Exercise objective: Write out the entries once more, exactly as they appear.

Data shown:
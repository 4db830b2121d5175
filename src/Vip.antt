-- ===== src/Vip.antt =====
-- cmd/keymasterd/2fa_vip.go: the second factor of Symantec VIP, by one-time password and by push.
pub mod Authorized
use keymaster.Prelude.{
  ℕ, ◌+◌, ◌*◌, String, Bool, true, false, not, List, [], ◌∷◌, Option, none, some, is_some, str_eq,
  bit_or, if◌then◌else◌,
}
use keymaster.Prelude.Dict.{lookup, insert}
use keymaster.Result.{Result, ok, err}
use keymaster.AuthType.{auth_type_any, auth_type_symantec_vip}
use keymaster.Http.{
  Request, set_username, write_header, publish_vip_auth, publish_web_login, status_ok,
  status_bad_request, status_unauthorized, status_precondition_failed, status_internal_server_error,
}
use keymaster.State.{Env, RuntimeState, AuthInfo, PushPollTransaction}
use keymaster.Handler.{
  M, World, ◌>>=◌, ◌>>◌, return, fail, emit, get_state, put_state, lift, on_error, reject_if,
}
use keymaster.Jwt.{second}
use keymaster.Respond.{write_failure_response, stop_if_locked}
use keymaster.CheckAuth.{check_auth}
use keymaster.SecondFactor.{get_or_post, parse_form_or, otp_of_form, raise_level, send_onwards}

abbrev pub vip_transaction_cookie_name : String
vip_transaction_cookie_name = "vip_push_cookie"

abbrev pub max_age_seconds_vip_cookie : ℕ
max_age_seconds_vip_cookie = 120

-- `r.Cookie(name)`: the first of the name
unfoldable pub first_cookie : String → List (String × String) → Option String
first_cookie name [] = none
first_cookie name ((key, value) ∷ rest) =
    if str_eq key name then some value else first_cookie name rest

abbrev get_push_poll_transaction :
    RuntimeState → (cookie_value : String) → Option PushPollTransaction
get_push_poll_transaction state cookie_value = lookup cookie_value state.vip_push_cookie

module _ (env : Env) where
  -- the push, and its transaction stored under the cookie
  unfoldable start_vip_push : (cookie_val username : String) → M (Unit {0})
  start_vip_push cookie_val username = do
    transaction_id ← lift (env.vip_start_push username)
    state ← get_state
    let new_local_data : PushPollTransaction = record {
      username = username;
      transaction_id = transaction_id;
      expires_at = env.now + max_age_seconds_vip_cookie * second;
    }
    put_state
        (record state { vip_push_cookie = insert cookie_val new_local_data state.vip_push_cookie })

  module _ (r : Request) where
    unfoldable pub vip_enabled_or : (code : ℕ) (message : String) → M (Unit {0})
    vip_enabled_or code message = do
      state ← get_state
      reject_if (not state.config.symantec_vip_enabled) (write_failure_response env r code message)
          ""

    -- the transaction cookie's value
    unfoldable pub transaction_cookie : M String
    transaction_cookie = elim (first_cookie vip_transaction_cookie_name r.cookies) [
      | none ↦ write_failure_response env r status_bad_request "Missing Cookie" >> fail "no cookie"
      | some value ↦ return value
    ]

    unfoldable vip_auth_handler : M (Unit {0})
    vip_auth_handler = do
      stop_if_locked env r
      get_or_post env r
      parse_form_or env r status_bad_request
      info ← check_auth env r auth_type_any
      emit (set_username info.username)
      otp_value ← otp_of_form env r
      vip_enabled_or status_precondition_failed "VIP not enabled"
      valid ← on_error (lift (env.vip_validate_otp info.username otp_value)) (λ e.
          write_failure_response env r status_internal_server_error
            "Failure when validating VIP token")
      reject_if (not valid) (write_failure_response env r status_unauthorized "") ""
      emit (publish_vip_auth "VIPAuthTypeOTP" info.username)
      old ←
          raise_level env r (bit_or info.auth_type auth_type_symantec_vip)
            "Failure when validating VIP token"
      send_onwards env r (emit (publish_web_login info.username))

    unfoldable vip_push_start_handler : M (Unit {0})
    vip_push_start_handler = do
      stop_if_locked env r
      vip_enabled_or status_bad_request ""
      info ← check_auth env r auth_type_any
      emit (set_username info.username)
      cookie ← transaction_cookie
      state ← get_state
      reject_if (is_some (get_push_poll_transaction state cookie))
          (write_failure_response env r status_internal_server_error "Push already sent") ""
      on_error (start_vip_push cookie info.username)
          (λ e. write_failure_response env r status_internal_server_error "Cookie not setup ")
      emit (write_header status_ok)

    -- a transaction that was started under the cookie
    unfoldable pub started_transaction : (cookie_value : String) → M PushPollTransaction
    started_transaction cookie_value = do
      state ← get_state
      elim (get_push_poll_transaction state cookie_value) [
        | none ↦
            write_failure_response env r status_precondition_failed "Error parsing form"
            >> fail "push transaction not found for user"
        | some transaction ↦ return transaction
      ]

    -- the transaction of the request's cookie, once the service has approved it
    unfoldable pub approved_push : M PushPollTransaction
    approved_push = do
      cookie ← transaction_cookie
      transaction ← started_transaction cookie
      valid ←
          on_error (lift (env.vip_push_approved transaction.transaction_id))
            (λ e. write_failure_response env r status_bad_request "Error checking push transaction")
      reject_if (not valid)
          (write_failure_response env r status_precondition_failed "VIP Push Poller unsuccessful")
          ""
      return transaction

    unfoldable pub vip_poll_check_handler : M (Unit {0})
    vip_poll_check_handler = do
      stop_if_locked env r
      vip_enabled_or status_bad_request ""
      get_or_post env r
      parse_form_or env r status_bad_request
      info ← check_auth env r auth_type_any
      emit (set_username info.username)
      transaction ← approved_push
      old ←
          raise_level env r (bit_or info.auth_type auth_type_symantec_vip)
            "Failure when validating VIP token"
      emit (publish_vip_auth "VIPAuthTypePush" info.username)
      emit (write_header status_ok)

Reply to the exercise:
repository 4db830b2121d5175
filename src/Vip.antt
-- ===== src/Vip.antt =====
-- cmd/keymasterd/2fa_vip.go: the second factor of Symantec VIP, by one-time password and by push.
pub mod Authorized
use keymaster.Prelude.{
  ℕ, ◌+◌, ◌*◌, String, Bool, true, false, not, List, [], ◌∷◌, Option, none, some, is_some, str_eq,
  bit_or, if◌then◌else◌,
}
use keymaster.Prelude.Dict.{lookup, insert}
use keymaster.Result.{Result, ok, err}
use keymaster.AuthType.{auth_type_any, auth_type_symantec_vip}
use keymaster.Http.{
  Request, set_username, write_header, publish_vip_auth, publish_web_login, status_ok,
  status_bad_request, status_unauthorized, status_precondition_failed, status_internal_server_error,
}
use keymaster.State.{Env, RuntimeState, AuthInfo, PushPollTransaction}
use keymaster.Handler.{
  M, World, ◌>>=◌, ◌>>◌, return, fail, emit, get_state, put_state, lift, on_error, reject_if,
}
use keymaster.Jwt.{second}
use keymaster.Respond.{write_failure_response, stop_if_locked}
use keymaster.CheckAuth.{check_auth}
use keymaster.SecondFactor.{get_or_post, parse_form_or, otp_of_form, raise_level, send_onwards}

abbrev pub vip_transaction_cookie_name : String
vip_transaction_cookie_name = "vip_push_cookie"

abbrev pub max_age_seconds_vip_cookie : ℕ
max_age_seconds_vip_cookie = 120

-- `r.Cookie(name)`: the first of the name
unfoldable pub first_cookie : String → List (String × String) → Option String
first_cookie name [] = none
first_cookie name ((key, value) ∷ rest) =
    if str_eq key name then some value else first_cookie name rest

abbrev get_push_poll_transaction :
    RuntimeState → (cookie_value : String) → Option PushPollTransaction
get_push_poll_transaction state cookie_value = lookup cookie_value state.vip_push_cookie

module _ (env : Env) where
  -- the push, and its transaction stored under the cookie
  unfoldable start_vip_push : (cookie_val username : String) → M (Unit {0})
  start_vip_push cookie_val username = do
    transaction_id ← lift (env.vip_start_push username)
    state ← get_state
    let new_local_data : PushPollTransaction = record {
      username = username;
      transaction_id = transaction_id;
      expires_at = env.now + max_age_seconds_vip_cookie * second;
    }
    put_state
        (record state { vip_push_cookie = insert cookie_val new_local_data state.vip_push_cookie })

  module _ (r : Request) where
    unfoldable pub vip_enabled_or : (code : ℕ) (message : String) → M (Unit {0})
    vip_enabled_or code message = do
      state ← get_state
      reject_if (not state.config.symantec_vip_enabled) (write_failure_response env r code message)
          ""

    -- the transaction cookie's value
    unfoldable pub transaction_cookie : M String
    transaction_cookie = elim (first_cookie vip_transaction_cookie_name r.cookies) [
      | none ↦ write_failure_response env r status_bad_request "Missing Cookie" >> fail "no cookie"
      | some value ↦ return value
    ]

    unfoldable vip_auth_handler : M (Unit {0})
    vip_auth_handler = do
      stop_if_locked env r
      get_or_post env r
      parse_form_or env r status_bad_request
      info ← check_auth env r auth_type_any
      emit (set_username info.username)
      otp_value ← otp_of_form env r
      vip_enabled_or status_precondition_failed "VIP not enabled"
      valid ← on_error (lift (env.vip_validate_otp info.username otp_value)) (λ e.
          write_failure_response env r status_internal_server_error
            "Failure when validating VIP token")
      reject_if (not valid) (write_failure_response env r status_unauthorized "") ""
      emit (publish_vip_auth "VIPAuthTypeOTP" info.username)
      old ←
          raise_level env r (bit_or info.auth_type auth_type_symantec_vip)
            "Failure when validating VIP token"
      send_onwards env r (emit (publish_web_login info.username))

    unfoldable vip_push_start_handler : M (Unit {0})
    vip_push_start_handler = do
      stop_if_locked env r
      vip_enabled_or status_bad_request ""
      info ← check_auth env r auth_type_any
      emit (set_username info.username)
      cookie ← transaction_cookie
      state ← get_state
      reject_if (is_some (get_push_poll_transaction state cookie))
          (write_failure_response env r status_internal_server_error "Push already sent") ""
      on_error (start_vip_push cookie info.username)
          (λ e. write_failure_response env r status_internal_server_error "Cookie not setup ")
      emit (write_header status_ok)

    -- a transaction that was started under the cookie
    unfoldable pub started_transaction : (cookie_value : String) → M PushPollTransaction
    started_transaction cookie_value = do
      state ← get_state
      elim (get_push_poll_transaction state cookie_value) [
        | none ↦
            write_failure_response env r status_precondition_failed "Error parsing form"
            >> fail "push transaction not found for user"
        | some transaction ↦ return transaction
      ]

    -- the transaction of the request's cookie, once the service has approved it
    unfoldable pub approved_push : M PushPollTransaction
    approved_push = do
      cookie ← transaction_cookie
      transaction ← started_transaction cookie
      valid ←
          on_error (lift (env.vip_push_approved transaction.transaction_id))
            (λ e. write_failure_response env r status_bad_request "Error checking push transaction")
      reject_if (not valid)
          (write_failure_response env r status_precondition_failed "VIP Push Poller unsuccessful")
          ""
      return transaction

    unfoldable pub vip_poll_check_handler : M (Unit {0})
    vip_poll_check_handler = do
      stop_if_locked env r
      vip_enabled_or status_bad_request ""
      get_or_post env r
      parse_form_or env r status_bad_request
      info ← check_auth env r auth_type_any
      emit (set_username info.username)
      transaction ← approved_push
      old ←
          raise_level env r (bit_or info.auth_type auth_type_symantec_vip)
            "Failure when validating VIP token"
      emit (publish_vip_auth "VIPAuthTypePush" info.username)
      emit (write_header status_ok)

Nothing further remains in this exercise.